Un gran bel percorso. Già iniziato. E perfezionabile quotidianamente  con l’impegno di tutti, produttori, divulgatori e consumatori, al fine di ottenere prodotti sostenibili e rispettare la terra dalla quale provengono.

Regalaci un aneddoto simpatico legato alla tua carriera.

La mia prima maestra, la mia bisnonna Maria.

Ero sempre attaccato alla sua gamba mentre cucinava, perche’ sapevo che ogni tre secondi mi faceva provare qualcosa, aggiungendo “Assaggia..” , tanto che io credevo fosse il mio nome.

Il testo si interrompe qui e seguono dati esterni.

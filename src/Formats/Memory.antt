-- ===== src/Formats/Memory.antt =====
-- How the D-Bus values of src/memory.hpp become enumerators.
use obmc_yadro_webapp.Prelude.{ℕ, Option, List, [], ◌∷◌, ◌++◌, nat_eq, text_eq}
use obmc_yadro_webapp.Prelude.Text.{Text, text}
use obmc_yadro_webapp.Entity.{FieldType}
use obmc_yadro_webapp.Formats.Base.{format_value_from_dict, raw_string, bool_eq}

pub data DimmSmbiosProviderEcc : Type 0 where
  no_ecc single_bit_ecc multi_bit_ecc address_parity : DimmSmbiosProviderEcc

unfoldable pub dimm_smbios_provider_ecc_to_int : DimmSmbiosProviderEcc → ℕ
dimm_smbios_provider_ecc_to_int DimmSmbiosProviderEcc.no_ecc = 0
dimm_smbios_provider_ecc_to_int DimmSmbiosProviderEcc.single_bit_ecc = 1
dimm_smbios_provider_ecc_to_int DimmSmbiosProviderEcc.multi_bit_ecc = 2
dimm_smbios_provider_ecc_to_int DimmSmbiosProviderEcc.address_parity = 3

abbrev dimm_smbios_provider_ecc_name : Text → Text
dimm_smbios_provider_ecc_name val = text "xyz.openbmc_project.Inventory.Item.Dimm.Ecc." ++ val

unfoldable pub dimm_smbios_provider_ecc_dict : List (Text × DimmSmbiosProviderEcc)
dimm_smbios_provider_ecc_dict =
    (dimm_smbios_provider_ecc_name (text "NoECC"), DimmSmbiosProviderEcc.no_ecc)
    ∷ (dimm_smbios_provider_ecc_name (text "SingleBitECC"), DimmSmbiosProviderEcc.single_bit_ecc)
    ∷ (dimm_smbios_provider_ecc_name (text "MultiBitECC"), DimmSmbiosProviderEcc.multi_bit_ecc)
    ∷ (dimm_smbios_provider_ecc_name (text "AddressParity"), DimmSmbiosProviderEcc.address_parity)
    ∷ []

unfoldable pub format_dimm_smbios_provider_ecc : FieldType → Option FieldType
unfolding format_value_from_dict dimm_smbios_provider_ecc_dict dimm_smbios_provider_ecc_to_int
format_dimm_smbios_provider_ecc value =
    format_value_from_dict raw_string dimm_smbios_provider_ecc_to_int dimm_smbios_provider_ecc_dict
      DimmSmbiosProviderEcc.no_ecc value

pub data DimmSmbiosProviderFormFactor : Type 0 where
  rdimm udimm so_dimm lrdimm mini_rdimm mini_udimm so_rdimm_72b so_udimm_72b so_dimm_16b so_dimm_32b
        die unknown :
      DimmSmbiosProviderFormFactor

unfoldable pub dimm_smbios_provider_form_factor_to_int : DimmSmbiosProviderFormFactor → ℕ
dimm_smbios_provider_form_factor_to_int DimmSmbiosProviderFormFactor.rdimm = 0
dimm_smbios_provider_form_factor_to_int DimmSmbiosProviderFormFactor.udimm = 1
dimm_smbios_provider_form_factor_to_int DimmSmbiosProviderFormFactor.so_dimm = 2
dimm_smbios_provider_form_factor_to_int DimmSmbiosProviderFormFactor.lrdimm = 3
dimm_smbios_provider_form_factor_to_int DimmSmbiosProviderFormFactor.mini_rdimm = 4
dimm_smbios_provider_form_factor_to_int DimmSmbiosProviderFormFactor.mini_udimm = 5
dimm_smbios_provider_form_factor_to_int DimmSmbiosProviderFormFactor.so_rdimm_72b = 6
dimm_smbios_provider_form_factor_to_int DimmSmbiosProviderFormFactor.so_udimm_72b = 7
dimm_smbios_provider_form_factor_to_int DimmSmbiosProviderFormFactor.so_dimm_16b = 8
dimm_smbios_provider_form_factor_to_int DimmSmbiosProviderFormFactor.so_dimm_32b = 9
dimm_smbios_provider_form_factor_to_int DimmSmbiosProviderFormFactor.die = 10
dimm_smbios_provider_form_factor_to_int DimmSmbiosProviderFormFactor.unknown = 11

abbrev dimm_smbios_provider_form_factor_name : Text → Text
dimm_smbios_provider_form_factor_name val =
    text "xyz.openbmc_project.Inventory.Item.Dimm.FormFactor." ++ val

unfoldable pub dimm_smbios_provider_form_factor_dict : List (Text × DimmSmbiosProviderFormFactor)
dimm_smbios_provider_form_factor_dict =
    (dimm_smbios_provider_form_factor_name (text "RDIMM"), DimmSmbiosProviderFormFactor.rdimm)
    ∷ (dimm_smbios_provider_form_factor_name (text "UDIMM"), DimmSmbiosProviderFormFactor.udimm)
    ∷ (dimm_smbios_provider_form_factor_name (text "SO_DIMM"), DimmSmbiosProviderFormFactor.so_dimm)
    ∷ (dimm_smbios_provider_form_factor_name (text "LRDIMM"), DimmSmbiosProviderFormFactor.lrdimm)
    ∷ (
      dimm_smbios_provider_form_factor_name (text "Mini_RDIMM"),
      DimmSmbiosProviderFormFactor.mini_rdimm,
    )
    ∷ (
      dimm_smbios_provider_form_factor_name (text "Mini_UDIMM"),
      DimmSmbiosProviderFormFactor.mini_udimm,
    )
    ∷ (
      dimm_smbios_provider_form_factor_name (text "SO_RDIMM_72b"),
      DimmSmbiosProviderFormFactor.so_rdimm_72b,
    )
    ∷ (
      dimm_smbios_provider_form_factor_name (text "SO_UDIMM_72b"),
      DimmSmbiosProviderFormFactor.so_udimm_72b,
    )
    ∷ (
      dimm_smbios_provider_form_factor_name (text "SO_DIMM_16b"),
      DimmSmbiosProviderFormFactor.so_dimm_16b,
    )
    ∷ (
      dimm_smbios_provider_form_factor_name (text "SO_DIMM_32b"),
      DimmSmbiosProviderFormFactor.so_dimm_32b,
    )
    ∷ (dimm_smbios_provider_form_factor_name (text "Die"), DimmSmbiosProviderFormFactor.die)
    ∷ []

unfoldable pub format_dimm_smbios_provider_form_factor : FieldType → Option FieldType
unfolding format_value_from_dict dimm_smbios_provider_form_factor_dict
    dimm_smbios_provider_form_factor_to_int
format_dimm_smbios_provider_form_factor value =
    format_value_from_dict raw_string dimm_smbios_provider_form_factor_to_int
      dimm_smbios_provider_form_factor_dict DimmSmbiosProviderFormFactor.unknown value

pub data DimmSmbiosProviderMemoryDeviceType : Type 0 where
  ddr ddr2 ddr3 ddr4 ddr4_e_sdram lpddr4_sdram lpddr3_sdram ddr2_sdram_fb_dimm
        ddr2_sdram_fb_dimm_probe ddr_sgram rom sdram edo fast_page_mode pipelined_nibble logical hbm
        hbm2 unknown :
      DimmSmbiosProviderMemoryDeviceType

unfoldable pub dimm_smbios_provider_memory_device_type_to_int :
    DimmSmbiosProviderMemoryDeviceType → ℕ
dimm_smbios_provider_memory_device_type_to_int DimmSmbiosProviderMemoryDeviceType.ddr = 0
dimm_smbios_provider_memory_device_type_to_int DimmSmbiosProviderMemoryDeviceType.ddr2 = 1
dimm_smbios_provider_memory_device_type_to_int DimmSmbiosProviderMemoryDeviceType.ddr3 = 2
dimm_smbios_provider_memory_device_type_to_int DimmSmbiosProviderMemoryDeviceType.ddr4 = 3
dimm_smbios_provider_memory_device_type_to_int DimmSmbiosProviderMemoryDeviceType.ddr4_e_sdram = 4
dimm_smbios_provider_memory_device_type_to_int DimmSmbiosProviderMemoryDeviceType.lpddr4_sdram = 5
dimm_smbios_provider_memory_device_type_to_int DimmSmbiosProviderMemoryDeviceType.lpddr3_sdram = 6
dimm_smbios_provider_memory_device_type_to_int
      DimmSmbiosProviderMemoryDeviceType.ddr2_sdram_fb_dimm =
    7
dimm_smbios_provider_memory_device_type_to_int
      DimmSmbiosProviderMemoryDeviceType.ddr2_sdram_fb_dimm_probe =
    8
dimm_smbios_provider_memory_device_type_to_int DimmSmbiosProviderMemoryDeviceType.ddr_sgram = 9
dimm_smbios_provider_memory_device_type_to_int DimmSmbiosProviderMemoryDeviceType.rom = 10
dimm_smbios_provider_memory_device_type_to_int DimmSmbiosProviderMemoryDeviceType.sdram = 11
dimm_smbios_provider_memory_device_type_to_int DimmSmbiosProviderMemoryDeviceType.edo = 12
dimm_smbios_provider_memory_device_type_to_int DimmSmbiosProviderMemoryDeviceType.fast_page_mode =
    13
dimm_smbios_provider_memory_device_type_to_int DimmSmbiosProviderMemoryDeviceType.pipelined_nibble =
    14
dimm_smbios_provider_memory_device_type_to_int DimmSmbiosProviderMemoryDeviceType.logical = 15
dimm_smbios_provider_memory_device_type_to_int DimmSmbiosProviderMemoryDeviceType.hbm = 16
dimm_smbios_provider_memory_device_type_to_int DimmSmbiosProviderMemoryDeviceType.hbm2 = 17
dimm_smbios_provider_memory_device_type_to_int DimmSmbiosProviderMemoryDeviceType.unknown = 18

abbrev dimm_smbios_provider_memory_device_type_name : Text → Text
dimm_smbios_provider_memory_device_type_name val =
    text "xyz.openbmc_project.Inventory.Item.Dimm.DeviceType." ++ val

unfoldable pub dimm_smbios_provider_memory_device_type_dict :
    List (Text × DimmSmbiosProviderMemoryDeviceType)
dimm_smbios_provider_memory_device_type_dict =
    (
      dimm_smbios_provider_memory_device_type_name (text "DDR"),
      DimmSmbiosProviderMemoryDeviceType.ddr,
    )
    ∷ (
      dimm_smbios_provider_memory_device_type_name (text "DDR2"),
      DimmSmbiosProviderMemoryDeviceType.ddr2,
    )
    ∷ (
      dimm_smbios_provider_memory_device_type_name (text "DDR3"),
      DimmSmbiosProviderMemoryDeviceType.ddr3,
    )
    ∷ (
      dimm_smbios_provider_memory_device_type_name (text "DDR4"),
      DimmSmbiosProviderMemoryDeviceType.ddr4,
    )
    ∷ (
      dimm_smbios_provider_memory_device_type_name (text "DDR4E_SDRAM"),
      DimmSmbiosProviderMemoryDeviceType.ddr4_e_sdram,
    )
    ∷ (
      dimm_smbios_provider_memory_device_type_name (text "LPDDR4_SDRAM"),
      DimmSmbiosProviderMemoryDeviceType.lpddr4_sdram,
    )
    ∷ (
      dimm_smbios_provider_memory_device_type_name (text "LPDDR3_SDRAM"),
      DimmSmbiosProviderMemoryDeviceType.lpddr3_sdram,
    )
    ∷ (
      dimm_smbios_provider_memory_device_type_name (text "DDR2_SDRAM_FB_DIMM"),
      DimmSmbiosProviderMemoryDeviceType.ddr2_sdram_fb_dimm,
    )
    ∷ (
      dimm_smbios_provider_memory_device_type_name (text "DDR2_SDRAM_FB_DIMM_PROBE"),
      DimmSmbiosProviderMemoryDeviceType.ddr2_sdram_fb_dimm_probe,
    )
    ∷ (
      dimm_smbios_provider_memory_device_type_name (text "DDR_SGRAM"),
      DimmSmbiosProviderMemoryDeviceType.ddr_sgram,
    )
    ∷ (
      dimm_smbios_provider_memory_device_type_name (text "ROM"),
      DimmSmbiosProviderMemoryDeviceType.rom,
    )
    ∷ (
      dimm_smbios_provider_memory_device_type_name (text "SDRAM"),
      DimmSmbiosProviderMemoryDeviceType.sdram,
    )
    ∷ (
      dimm_smbios_provider_memory_device_type_name (text "EDO"),
      DimmSmbiosProviderMemoryDeviceType.edo,
    )
    ∷ (
      dimm_smbios_provider_memory_device_type_name (text "FastPageMode"),
      DimmSmbiosProviderMemoryDeviceType.fast_page_mode,
    )
    ∷ (
      dimm_smbios_provider_memory_device_type_name (text "PipelinedNibble"),
      DimmSmbiosProviderMemoryDeviceType.pipelined_nibble,
    )
    ∷ (
      dimm_smbios_provider_memory_device_type_name (text "Logical"),
      DimmSmbiosProviderMemoryDeviceType.logical,
    )
    ∷ (
      dimm_smbios_provider_memory_device_type_name (text "HBM"),
      DimmSmbiosProviderMemoryDeviceType.hbm,
    )
    ∷ (
      dimm_smbios_provider_memory_device_type_name (text "HBM2"),
      DimmSmbiosProviderMemoryDeviceType.hbm2,
    )
    ∷ []

unfoldable pub format_dimm_smbios_provider_memory_device_type : FieldType → Option FieldType
unfolding format_value_from_dict dimm_smbios_provider_memory_device_type_dict
    dimm_smbios_provider_memory_device_type_to_int
format_dimm_smbios_provider_memory_device_type value =
    format_value_from_dict raw_string dimm_smbios_provider_memory_device_type_to_int
      dimm_smbios_provider_memory_device_type_dict DimmSmbiosProviderMemoryDeviceType.unknown value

Il  primo giorno di scuola mia mamma preoccupata  mi disse “ Guarda che se ti chiamano Fabrizio devi rispondere. Ti chiami cosi..”.

Ci racconti il sogno nel cassetto

E’ semplice.

Un concept, come dicono quelli bravi, che sia crocevia e punto di incontro tra produttori, ospiti, cuochi e sommelier.

Una sorta di Factory di Warholiana memoria nella quale l’enogastronomia fa cultura, divertendo.

E, come tu sai bene, la distanza tra il sogno e la realtà si chiama azione…e  ci stiamo gia’ lavorando.